### Requirement
Would you reproduce all of the entries below, character for character?

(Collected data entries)

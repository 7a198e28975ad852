-- ===== src/KmallocMap/Clearing.antt =====
-- new_st.c: `init` and `cleanup` model the functions of that name; `char_mmap` is as in ex7.c, and
-- closing the device does nothing.
use lkms.Prelude.{
  ℕ, zero, suc, ◌+◌, ◌*◌, ◌==◌, ltb, if◌then◌else◌, true, false, List, ℤ, pos, neg, ◌==ℤ◌, add64,
  page_size, replicate,
}
use lkms.Kernel.Run.{Run, ok, out_of_fuel, ◌>>=◌}
use lkms.KmallocMap.{
  State, page_limit, page_align, store, sprintf, page_text, reserve_pages, print_pages,
}

-- The last loop of `init`: each page is set to zero first.
unfoldable pub write_pages : ℕ → (i end count : ℕ) → (buffer : List ℕ) → State → Run State
write_pages zero i e count buffer s = out_of_fuel
write_pages (suc fuel) i e count buffer s = elim (ltb i e) [
  | true ↦ sprintf (page_text count) buffer >>= λ filled. store i (replicate page_size 0) s >>= λ t.
      store i filled t >>= λ u. write_pages fuel (add64 i page_size) e (count + 1) filled u
  | false ↦ ok s
]

unfoldable pub init : (got : ℕ) → (major : ℤ) → (stack : List ℕ) → State → Run (ℤ × State)
init got major stack s =
    let s1 = record s {
      kmalloc_ptr = got;
      allocated = true;
      kmalloc_area = page_align got;
      major_number = major;
    } in
    let e = add64 s1.kmalloc_area (page_limit * page_size) in
    let filled = reserve_pages 17 0 s1 >>= λ s2.
    write_pages 17 s2.kmalloc_area e 1 stack s2 >>= λ t. ok (pos 0, t) in
    if got == 0
    then ok (neg 12, record s { kmalloc_ptr = 0 })
    else if major ==ℤ pos 0
    then ok (pos 0, s1)
    else filled

-- `end` is computed anew.
unfoldable pub cleanup : State → Run (List (List ℕ) × State)
cleanup s =
    let e = add64 s.kmalloc_area (page_limit * page_size) in
    print_pages 17 s.kmalloc_area e s >>= λ texts.
    reserve_pages 17 0 s >>= λ t. ok (texts, record t { allocated = false })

### Your response
repository 7a198e28975ad852
-- ===== src/KmallocMap/Clearing.antt =====
-- new_st.c: `init` and `cleanup` model the functions of that name; `char_mmap` is as in ex7.c, and
-- closing the device does nothing.
use lkms.Prelude.{
  ℕ, zero, suc, ◌+◌, ◌*◌, ◌==◌, ltb, if◌then◌else◌, true, false, List, ℤ, pos, neg, ◌==ℤ◌, add64,
  page_size, replicate,
}
use lkms.Kernel.Run.{Run, ok, out_of_fuel, ◌>>=◌}
use lkms.KmallocMap.{
  State, page_limit, page_align, store, sprintf, page_text, reserve_pages, print_pages,
}

-- The last loop of `init`: each page is set to zero first.
unfoldable pub write_pages : ℕ → (i end count : ℕ) → (buffer : List ℕ) → State → Run State
write_pages zero i e count buffer s = out_of_fuel
write_pages (suc fuel) i e count buffer s = elim (ltb i e) [
  | true ↦ sprintf (page_text count) buffer >>= λ filled. store i (replicate page_size 0) s >>= λ t.
      store i filled t >>= λ u. write_pages fuel (add64 i page_size) e (count + 1) filled u
  | false ↦ ok s
]

unfoldable pub init : (got : ℕ) → (major : ℤ) → (stack : List ℕ) → State → Run (ℤ × State)
init got major stack s =
    let s1 = record s {
      kmalloc_ptr = got;
      allocated = true;
      kmalloc_area = page_align got;
      major_number = major;
    } in
    let e = add64 s1.kmalloc_area (page_limit * page_size) in
    let filled = reserve_pages 17 0 s1 >>= λ s2.
    write_pages 17 s2.kmalloc_area e 1 stack s2 >>= λ t. ok (pos 0, t) in
    if got == 0
    then ok (neg 12, record s { kmalloc_ptr = 0 })
    else if major ==ℤ pos 0
    then ok (pos 0, s1)
    else filled

-- `end` is computed anew.
unfoldable pub cleanup : State → Run (List (List ℕ) × State)
cleanup s =
    let e = add64 s.kmalloc_area (page_limit * page_size) in
    print_pages 17 s.kmalloc_area e s >>= λ texts.
    reserve_pages 17 0 s >>= λ t. ok (texts, record t { allocated = false })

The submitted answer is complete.